Potentially the biggest long-term threat is the possibility that the retail environment over the past 12 months will continue for several more months or even years. Below is a chart showing the last 12 months of retail and food services sales seasonally adjusted.
(Source: USA Today Money / Census Bureau)
Darden Restaurants' questionable leadership got much worse recently when long-time CEO Clarence Otis stepped down after months of activist investor pressure. Under Clarence Otis, Darden Restaurants grew annual sales from $5.2 billion to $8.7 billion. This is despite visits to casual-dining restaurants recently falling to 6-year lows.

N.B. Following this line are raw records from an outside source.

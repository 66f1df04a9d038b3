-- ===== src/Tests/Reconciliation.antt =====
-- The theorems on reconciliation, on one captured payment that the provider confirms.
use freelancing_platform.Prelude.{◌≡◌, refl, some, [], ◌∷◌}
use freelancing_platform.Prelude.Int.{pos}
use freelancing_platform.Database.Rows.Payment.{
  PaymentIntent, captured, ReconciliationRun, run_succeeded,
}
use freelancing_platform.Database.Tables.{Db}
use freelancing_platform.Database.Environment.{PaymentProvider, ok}
use freelancing_platform.Database.Session.{Session}
use freelancing_platform.Payments.Queries.{get_provider}
use freelancing_platform.Payments.Reconcile.Reported.{IsReport, reconcile_provider-IsReport}
use freelancing_platform.Tests.Opened.{services_run}
use freelancing_platform.Tests.Fixtures.{demo_env, demo_db, nobody}

abbrev paid_intent : PaymentIntent
paid_intent = record {
  id = 40;
  milestone_id = 3;
  employer_user_id = 10;
  provider = 1;
  provider_reference = some 50;
  idempotency_key_id = 500;
  amount_minor = pos 100;
  currency = 9;
  status = captured;
  captured_at = some 7;
}

abbrev paid_db : Db
paid_db = record demo_db {
  payment_intents = paid_intent ∷ [];
  milestone_fundings =
      record {
        id = 41;
        escrow_id = 4;
        payment_intent_id = 40;
        journal_transaction_id = 42;
        amount_minor = pos 100;
      }
      ∷ [];
}

abbrev paid_session : Session
paid_session = record { saved = paid_db; live = paid_db; arriving = nobody }

abbrev clean_run : ReconciliationRun
clean_run = record {
  id = paid_db.next_id;
  provider = 1;
  status = run_succeeded;
  checked_count = 1;
  discrepancy_count = 0;
  details = [];
  completed_at = some demo_env.now;
}

reconcile_provider-IsReport_example :
    (p : PaymentProvider) × (get_provider demo_env 1 paid_session ≡ (ok p, paid_session))
    × IsReport p (paid_intent ∷ []) paid_db.milestone_fundings clean_run
unfolding services_run
reconcile_provider-IsReport_example =
    reconcile_provider-IsReport demo_env 1 paid_session clean_run refl
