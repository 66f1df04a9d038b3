-- ===== src/Tests/Refunds.antt =====
-- The refund theorems: 100 reserved out of the escrow, and given back when the provider fails.
use freelancing_platform.Prelude.{◌≡◌, refl, true, none, some, [], ◌∷◌}
use freelancing_platform.Prelude.Int.{pos}
use freelancing_platform.Database.Rows.Ledger.{
  LedgerAccount, JournalTransaction, milestone_fund, ref_payment_intent, milestone_refund,
  ref_refund,
}
use freelancing_platform.Database.Rows.Contract.{funded, same_status}
use freelancing_platform.Database.Rows.Payment.{
  PaymentIntent, captured, MilestoneEscrow, Refund, refund_failed_body,
}
use freelancing_platform.Database.Tables.{Db}
use freelancing_platform.Ledger.{balance, new_account, entries_of}
use freelancing_platform.Ledger.Transfer.{transfer}
use freelancing_platform.Payments.Queries.Found.{escrow_in, account_in}
use freelancing_platform.Payments.Capture.{clearing_identity, escrow_identity}
use freelancing_platform.Payments.Refund.{new_refund, reserve_refund}
use freelancing_platform.Payments.Refund.Reservation.{IsReserved, reserve_refund-IsReserved}
use freelancing_platform.Payments.Settle.{restore_escrow}
use freelancing_platform.Payments.Settle.Restored.{
  IsReversed, clearing_in, restore_escrow-IsReversed,
}
use freelancing_platform.Tests.Opened.{services_run}
use freelancing_platform.Tests.Fixtures.{
  demo_env, demo_milestone, demo_db, funded_milestone, open_key, session_at,
}

abbrev paid_intent : PaymentIntent
paid_intent = record {
  id = 1001;
  milestone_id = 3;
  employer_user_id = 10;
  provider = 1;
  provider_reference = some 50;
  idempotency_key_id = 1000;
  amount_minor = pos 100;
  currency = 9;
  status = captured;
  captured_at = some 100;
}

abbrev demo_escrow : MilestoneEscrow
demo_escrow = record {
  id = 1004;
  milestone_id = 3;
  escrow_account_id = 1003;
  commission_bps = 1000;
}

abbrev escrow : LedgerAccount
escrow = new_account (escrow_identity demo_milestone) 1003

abbrev clearing : LedgerAccount
clearing = new_account (clearing_identity 1 9) 1005

abbrev capture_journal : JournalTransaction
capture_journal = record {
  id = 1006;
  operation = milestone_fund;
  reference_type = ref_payment_intent;
  reference_id = 1001;
  reversal_of_id = none;
  entries = entries_of 9 (transfer clearing escrow (pos 100));
}

-- The rows once the payment is in escrow.
abbrev escrowed_db : Db
escrowed_db = record demo_db {
  milestones = funded_milestone ∷ [];
  ledger_accounts = clearing ∷ escrow ∷ [];
  milestone_escrows = demo_escrow ∷ [];
  payment_intents = paid_intent ∷ [];
  journal_transactions = capture_journal ∷ [];
  next_id = 1010;
}

abbrev reservation : JournalTransaction
reservation = record {
  id = 1011;
  operation = milestone_refund;
  reference_type = ref_refund;
  reference_id = 1010;
  reversal_of_id = none;
  entries = entries_of 9 (transfer escrow clearing (pos 100));
}

abbrev reserved_refund : Refund
reserved_refund = new_refund 1010 funded_milestone 10 reservation open_key 1 (pos 100)

reserve_refund-IsReserved_example :
    (same_status funded_milestone.status funded ≡ true)
    × (e : MilestoneEscrow) × (a : LedgerAccount) × (c : LedgerAccount) × (escrow_in 3 escrowed_db
        ≡ some e)
    × (account_in e.escrow_account_id escrowed_db ≡ some a)
    × IsReserved funded_milestone 1
        (balance a.id escrowed_db)
        a
        c
        escrowed_db
        (reserve_refund demo_env open_key funded_milestone 10 1 (session_at escrowed_db)).1.saved
unfolding services_run
reserve_refund-IsReserved_example =
    reserve_refund-IsReserved demo_env open_key funded_milestone 10 1 (session_at escrowed_db)
      (record { refund = reserved_refund; funding_intent = paid_intent }) refl (λ id h. refl)

abbrev pending_db : Db
pending_db = record escrowed_db {
  journal_transactions = reservation ∷ capture_journal ∷ [];
  refunds = reserved_refund ∷ [];
  idempotency_keys = open_key ∷ [];
  next_id = 1012;
}

restore_escrow-IsReversed_example :
    (row : MilestoneEscrow) × (a : LedgerAccount) × (c : LedgerAccount) × (escrow_in 3 pending_db
      ≡ some row)
    × (account_in row.escrow_account_id pending_db ≡ some a)
    × (clearing_in reserved_refund pending_db ≡ some c)
    × IsReversed reserved_refund a c pending_db
        (restore_escrow demo_env reserved_refund 10 (session_at pending_db)).1.saved
unfolding services_run
restore_escrow-IsReversed_example =
    restore_escrow-IsReversed demo_env reserved_refund 10 (session_at pending_db)
      (refund_failed_body 1010, 502) refl refl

Expect leadership problems to drag down the company for the next several quarters as the activist investors are now fighting over board seats. Starboard, one of the activist investors involved, now has plans to replace the entire 12-person board. This could make Darden Restaurants' current inability to manage its multiple restaurant concepts even worse. New faces mean different viewpoints that may not result in a uniform vision.
Last week, past and present leadership problems were further highlighted when news came out that Red Lobster's future prospects may have been significantly exaggerated in order to aid its sale to Golden Gate Capital. This goes directly into the credibility of Darden Restaurants regarding future earnings when they give outlook on their remaining restaurant concepts.
In particular, investors should be wary when the company issued fiscal 2015 outlook in their most recent conference call. Darden Restaurants predicted same-store sales to be between 1-2% for LongHorn Steakhouse, about 2% for the SRG, and 0-1% for Olive Garden. While the figures for LongHorn Steakhouse and SRG are believable, the outlook for Olive Garden doesn't seem realistic given the negative performance of the chain in the past several quarters.
In the end, new investors are buying Darden Restaurants' sales at a much larger premium than its peers. Looking at EV / EBITDA values against its peers, Darden Restaurants is not only above its full service restaurant peers, but generally above the majority of established fast food restaurant chains that often have an EV / EBITDA of less than 11x.
(Source: Yahoo Finance)
Right now Darden Restaurants is in the 97th spot for most shorted S&P 500 component. Making matters worse is that the days to cover the short of Darden Restaurants' stock has trended upwards the past couple of years showing that the market is becoming more suspect of the company's ability to turn itself around.
Darden Restaurants recently re-introduced its Buy One, Take One menu offer, but has added a free one-night Redbox movie rental. This appears to be another desperate attempt to fix its biggest portfolio component. However, what happens when the deal ends? Do the customers go back to Darden Restaurants' competitors until another similar promotion is offered?
Overall, Darden Restaurants looks like it added more problems this past fiscal year with the heavy investments in Olive Garden, the stepping down of long-time CEO Clarence Otis, and the now potential problems revolving around the Red Lobster sale.
Disclosure: The author has no positions in any stocks mentioned, and no plans to initiate any positions within the next 72 hours.
The author wrote this article themselves, and it expresses their own opinions. The author is not receiving compensation for it (other than from Seeking Alpha). The author has no business relationship with any company whose stock is mentioned in this article.